Example 2- Create an array with data type 4 bytes integer:
import numpy as np
arr = np.array([1, 2, 3, 4], dtype='i4')
print(arr)
print(arr.dtype)
Output: [1 2 3 4]
int32
What if a value cannot be converted? - If a type is given in which elements can't be casted then NumPy will raise a ValueError. In Python ValueError is raised when the type of passed argument to a function is unexpected/incorrect.
Converting data type on existing arrays
The best way to change the data type of an existing array, is to make a copy of the array with the astype() method.
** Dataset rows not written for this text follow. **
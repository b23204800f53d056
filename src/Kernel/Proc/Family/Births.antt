-- ===== src/Kernel/Proc/Family/Births.antt =====
-- What `fork` of proc.c does: the child and its files, and how it may end.
use os_ass.Base.{
  ℕ, zero, suc, ◌+◌, ◌≤◌, ◌<◌, ◌≡◌, ◌≢◌, refl, ◌∙◌, Option, none, some, ◌==◌, if◌then◌else◌, update,
  nproc, nofile, arith, Bool-cases, ==→eq, inl, inr, ◌⊎◌,
}
use os_ass.Kernel.Proc.{unused, runnable, Table}
use os_ass.Kernel.Proc.Life.{FileOps, dup_loop}
use os_ass.Kernel.Proc.Scan.{OthersKept}

module _ {Files : Type 0} (ops : FileOps Files) where
  dup_loop-out :
      (i n : ℕ) (from to : ℕ → ℕ) (fs : Files) (k : ℕ)
      → k < i
      → (dup_loop ops i n from to fs).0 k ≡ to k
  unfolding dup_loop
  dup_loop-out i zero from to fs k l = refl
  dup_loop-out i (suc n) from to fs k l = ground (
    arith,
    l,
    dup_loop-out (i + 1) n from (if from i == 0 then to else update to i (from i))
        (if from i == 0 then fs else ops.filedup (from i) fs) k,
  )

  -- The loop over the open files gives the child those of the parent.
  pub dup_loop-shares :
      (i n : ℕ) (from to : ℕ → ℕ) (fs : Files) (k : ℕ)
      → i ≤ k
      → k < i + n
      → from k ≢ 0
      → (dup_loop ops i n from to fs).0 k ≡ from k
  unfolding dup_loop
  dup_loop-shares i zero from to fs k l h ne = absurd (omega (arith, l, h))
  dup_loop-shares i (suc n) from to fs k l h ne = elim (Bool-cases (i == k)) [
    | inl e ↦ now (==→eq i k e)
    | inr e ↦ dup_loop-shares (i + 1) n from to1 fs1 k (ground (arith, e, l)) (omega (arith, h)) ne
  ]
    where
      to1 : ℕ → ℕ
      to1 = if from i == 0 then to else update to i (from i)

      fs1 : Files
      fs1 = if from i == 0 then fs else ops.filedup (from i) fs

      now : i ≡ k → (dup_loop ops i (suc n) from to fs).0 k ≡ from k
      now e = dup_loop-out (i + 1) n from to1 fs1 k (omega (arith, e)) ∙ ground (arith, e, ne)

-- Slot `i` of `t'` holds the child that `fork` makes of the process in slot `cur` of `t`.
pub record Newborn (pgdir cur i : ℕ) (t t' : Table) : Type 0 where
  pub state : (t'.procs i).state ≡ runnable
  pub pid : (t'.procs i).pid ≡ t.nextpid
  pub parent : (t'.procs i).parent ≡ some cur
  pub result : (t'.procs i).eax ≡ 0
  pub registers : (t'.procs i).tf ≡ (t.procs cur).tf
  pub memory : ((t'.procs i).sz ≡ (t.procs cur).sz) × ((t'.procs i).pgdir ≡ pgdir)
  pub job : (t'.procs i).job ≡ (t.procs cur).job
  pub stale :
      ((t'.procs i).killed ≡ (t.procs i).killed) × ((t'.procs i).pending ≡ (t.procs i).pending)
  pub cwd : (t'.procs i).cwd ≡ (t.procs cur).cwd
  pub files :
      (k : ℕ)
      → k < nofile
      → (t.procs cur).ofile k ≢ 0
      → (t'.procs i).ofile k ≡ (t.procs cur).ofile k

-- `t'` is `t` with a new pid given to the free slot `i`.
pub record Taken (i : ℕ) (t t' : Table) : Type 0 where
  pub slot : i < nproc
  pub free : (t.procs i).state ≡ unused
  pub pid : (t'.procs i).pid ≡ t.nextpid
  pub others : OthersKept i t t'
  pub nextpid : t'.nextpid ≡ t.nextpid + 1
  pub initproc : t'.initproc ≡ t.initproc

-- How `fork` may end.
pub data Forks (stack pgdir cur : ℕ) (t : Table) : Option ℕ → Table → Type 0 where
  full : ((i : ℕ) → i < nproc → (t.procs i).state ≢ unused) → Forks stack pgdir cur t none t
  no_memory :
      {i : ℕ} {t' : Table}
      → (stack ≡ 0) ⊎ (pgdir ≡ 0)
      → Taken i t t'
      → (t'.procs i).state ≡ unused
      → (t'.procs i).parent ≡ (t.procs i).parent
      → Forks stack pgdir cur t none t'
  born :
      {i : ℕ} {t' : Table}
      → stack ≢ 0
      → pgdir ≢ 0
      → Taken i t t'
      → Newborn pgdir cur i t t'
      → Forks stack pgdir cur t (some t.nextpid) t'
The astype() function creates a copy of the array, and allows you to specify the data type as a parameter.
The data type can be specified using a string, like 'f' for float, 'i' for integer etc or you can use the data type directly like float for float and int for integer.
Change data type from float to integer by using 'i' as parameter value:
import numpy as np
arr = np.array([1.1, 2.1, 3.1])
newarr = arr.astype('i')
print(newarr)
print(newarr.dtype)
Output: [1 2 3]
int32
Change data type from float to integer by using int as parameter value:
import numpy as np
arr = np.array([1.1, 2.1, 3.1])
newarr = arr.astype(int)
print(newarr)
print(newarr.dtype)
Output: [1 2 3]
int64
Change data type from integer to boolean:
import numpy as np
arr = np.array([1, 0, 3])
newarr = arr.astype(bool)
print(newarr)
print(newarr.dtype)
Output: [True False True]
bool
Copy vs View
The main difference between a copy and a view of an array is that the copy is a new array, and the view is just a view of the original array.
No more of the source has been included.